Many biomedical devices in use today, including pacemakers and insulin pumps, are wireless and capable of connecting to the internet. As such, they are susceptible to software vulnerabilities which could allow hackers to gain access to any data or information contained within it or, worse, control the device’s operation (for example, changing the dose of insulin or the patient’s heartrate). It is clear that such hacks could have fatal consequences, especially as often the end user has no control over the device. This threat was real enough even in 2013 when a former US vice president had the wireless connectivity in his pacemaker turned off in 2013.
The Food and Drug Administration (FDA) in America and the British Medical Journal have warned multiple times of such software vulnerabilities and the threat of hacks. In 2018, the FDA recalled nearly half a million pacemakers and, more recently, it identified nearly a dozen such vulnerabilities in operating systems that run third party software used in many biomedical devices.
Although there have been no reports of devices being hacked in this way (outside the lab), patients should remain wary.
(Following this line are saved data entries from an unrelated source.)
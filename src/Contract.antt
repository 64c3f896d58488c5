-- ===== src/Contract.antt =====
-- `NormalizeTopology` (api/inference/contract/v1/managed_contract.go): from a business topology to
-- execution containers. Of the protobuf enum's modes, UNSPECIFIED is `unset_mode`, and a number
-- without a name is `other_mode`.
pub mod Topology
use ani_inference_service.Access.Bytes.{bytes_eq}
use ani_inference_service.Gpu.{leader_worker_set, other_mode, RuntimeMode, max_int32}
use ani_inference_service.Prelude.{
  str_eq, ◌==◌, Result, ltb, err, Bool, ◌-◌, ℤ, ◌>>=◌, ◌/◌, ◌>>◌, trim_space, ◌^◌, leb, ok, ℕ, not,
  ◌+◌, ◌&&◌, String, guard, pos, ◌*◌, pos_part, ltb_ℤ, ◌||◌, map, if◌then◌else◌, [], codes,
}

pub data TopologyError : Type 0 where
  replicas_not_positive provider_not_kserve : TopologyError
  multiple_workers workers_not_positive no_gpu_groups unsupported_mode : TopologyError
  too_many_containers too_many_gpu_containers too_many_devices : TopologyError

-- `RuntimeSpec`, with the fields that are read here.
pub record RuntimeSpec : Type 0 where
  pub mode : RuntimeMode
  pub provider : String
  pub worker_replicas : ℤ

-- `ExecutionTopology`.
pub record ExecutionTopology : Type 0 where
  pub execution_replicas : ℕ
  pub container_name : String
  pub devices_per_replica : ℕ
  pub total_devices : ℕ

abbrev pub max_int64 : ℕ
max_int64 = 2 ^ 63 - 1

-- The number of containers and the name of the one that serves. Both factors of a group are int32, so
-- their product does not overflow int64.
unfoldable pub containers : ℕ → RuntimeMode → ℤ → ℕ → Result TopologyError (ℕ × String)
containers replicas leader_worker_set workers devices = do
  guard (not (ltb_ℤ workers (pos 1))) workers_not_positive
  guard (devices == 0) no_gpu_groups
  ok (replicas * (pos_part workers + 1), "main")
containers replicas (other_mode m) workers devices = err unsupported_mode
containers replicas _ workers devices = do
  guard (not (ltb_ℤ workers (pos 0) || ltb_ℤ (pos 1) workers)) multiple_workers
  ok (replicas, "kserve-container")

-- The last checks, on the number of containers. `max_int64 / devices` is reached only for devices.
unfoldable pub bounded_topology : ℕ → ℕ × String → Result TopologyError ExecutionTopology
bounded_topology devices (pods, name) = do
  guard (leb pods max_int32) too_many_containers
  guard (not (ltb 0 devices && ltb 16 pods)) too_many_gpu_containers
  guard (not (ltb 0 devices && ltb (max_int64 / devices) pods)) too_many_devices
  ok (record {
    execution_replicas = pods;
    container_name = name;
    devices_per_replica = devices;
    total_devices = pods * devices;
  })

-- The characters whose lower case is an ASCII letter. Other characters stay outside ASCII, which is
-- enough to compare with an ASCII word.
unfoldable pub lower_code : ℕ → ℕ
lower_code c =
    if leb 65 c && leb c 90
    then c + 32
    else if c == 0x130
    then 105
    else if c == 0x212a
    then 107
    else c

-- `provider == "" || provider == "kserve"` for the trimmed provider in lower case.
unfoldable pub is_kserve : String → Bool
unfolding trim_space lower_code
is_kserve provider =
    let p = map lower_code (codes (trim_space provider)) in
    bytes_eq p [] || bytes_eq p (codes "kserve")

-- `NormalizeTopology`. The devices are a uint32.
unfoldable pub normalize_topology : RuntimeSpec → ℤ → ℕ → Result TopologyError ExecutionTopology
unfolding is_kserve containers bounded_topology
normalize_topology runtime replicas devices = do
  guard (not (ltb_ℤ replicas (pos 1))) replicas_not_positive
  guard (is_kserve runtime.provider) provider_not_kserve
  found ← containers (pos_part replicas) runtime.mode runtime.worker_replicas devices
  bounded_topology devices found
As the number of patients opting for the convenience and utility of such devices increases, it follows that the risk of such hacks is also on the rise. Given this, we expect to see more pressure on manufacturers to embed a higher level of security in devices, including stronger authentication mechanisms, and for manufactures to react effectively to new vulnerabilities as they are discovered. We also hope to see further education of medical professionals and patients around the potential risks and signs of remote tampering.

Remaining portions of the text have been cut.